You may have noticed that the only pieces of the plugin that were actually specific to Imp were finding interesting expressions and annotating them with source locations. So I've extracted the rest into a generic pass that you can re-use. In fact we're already using this plugin in the Ivory language for writing safe embedded systems.

As a final note, I don't claim to have invented anything conceptually new here, both Scala and Idris support reifying source locations in a much more principled manner than what I've presented.
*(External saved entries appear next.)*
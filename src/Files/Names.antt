-- ===== src/Files/Names.antt =====
-- The names of the files that file_dump_page of nugpgpu_fileops.c writes.
use nugpgpu.Prelude.{
  ℕ, zero, suc, ◌+◌, ◌*◌, ◌-◌, ◌/◌, ◌%◌, ◌^◌, ◌≤◌, ◌<◌, ◌≡◌, ◌∙◌, ap, arith, List, [], ◌∷◌, ◌==◌,
  Bool-cases, inl, inr, length,
}
use nugpgpu.Files.{digits, sprintf_u, page_file_name}

-- The number that decimal digits are read as, after `n`.
abbrev pub value_from : ℕ → List ℕ → ℕ
value_from n [] = n
value_from n (c ∷ rest) = value_from (n * 10 + (c - b'0')) rest

-- The number at the end of a name, past as many characters as `dump_file_name` has.
abbrev pub page_named : List ℕ → ℕ
page_named (c0 ∷ c1 ∷ c2 ∷ c3 ∷ c4 ∷ c5 ∷ c6 ∷ c7 ∷ c8 ∷ c9 ∷ rest) = value_from 0 rest
page_named _ = 0

value_from-digits :
    (fuel n : ℕ) (out : List ℕ)
    → n < 10 ^ fuel
    → value_from 0 (digits fuel n out) ≡ value_from n out
unfolding digits
value_from-digits zero n out h = ap (λ m. value_from m out) (omega arith)
value_from-digits (suc fuel) n out h = elim (Bool-cases (n == 0)) [
  | inl e ↦ rw e (ap (λ m. value_from m out) (ground arith))
  | inr e ↦ rw e (
      value_from-digits fuel (n / 10) ((b'0' + n % 10) ∷ out) (omega arith)
      ∙ ap (λ m. value_from m out) (omega arith))
]

length-digits : (fuel n : ℕ) (out : List ℕ) → length (digits fuel n out) ≤ fuel + length out
unfolding digits
length-digits zero n out = omega arith
length-digits (suc fuel) n out = elim (Bool-cases (n == 0)) [
  | inl e ↦ rw e (omega arith)
  | inr e ↦ rw e (omega (arith, length-digits fuel (n / 10) ((b'0' + n % 10) ∷ out)))
]

value_from-sprintf_u : (n : ℕ) → n < 2 ^ 32 → value_from 0 (sprintf_u n) ≡ n
unfolding sprintf_u
value_from-sprintf_u n h = elim (Bool-cases (n == 0)) [
  | inl e ↦ rw e (ground arith)
  | inr e ↦ rw e (value_from-digits 10 n [] (omega arith))
]

length-sprintf_u : (n : ℕ) → length (sprintf_u n) ≤ 10
unfolding sprintf_u
length-sprintf_u n = elim (Bool-cases (n == 0)) [
  | inl e ↦ rw e (omega arith)
  | inr e ↦ rw e (omega (arith, length-digits 10 n []))
]

-- For each `unsigned` offset the digits, and the name that `file_dump_page` makes of it, fit with
-- their final zeros in its buffers of 100 characters, and the offset can be read back from the
-- name, so different offsets have different names.
pub page_named-file_name :
    (offset : ℕ)
    → offset < 2 ^ 32
    → (page_named (page_file_name offset) ≡ offset)
      × (length (sprintf_u offset) + 1 ≤ 100)
      × (length (page_file_name offset) + 1 ≤ 100)
unfolding page_file_name
page_named-file_name offset h = (
  value_from-sprintf_u offset h,
  omega (arith, length-sprintf_u offset),
  omega (arith, length-sprintf_u offset),
)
It would also be nice if GHC had similar support, perhaps via the ImplicitParams extension. But I do believe this is a nice solution that you can use today!

  1. The actual definition has two extra constructors and a type parameter which I've instantiated with Id, but this is not particularly relevant to our use-case.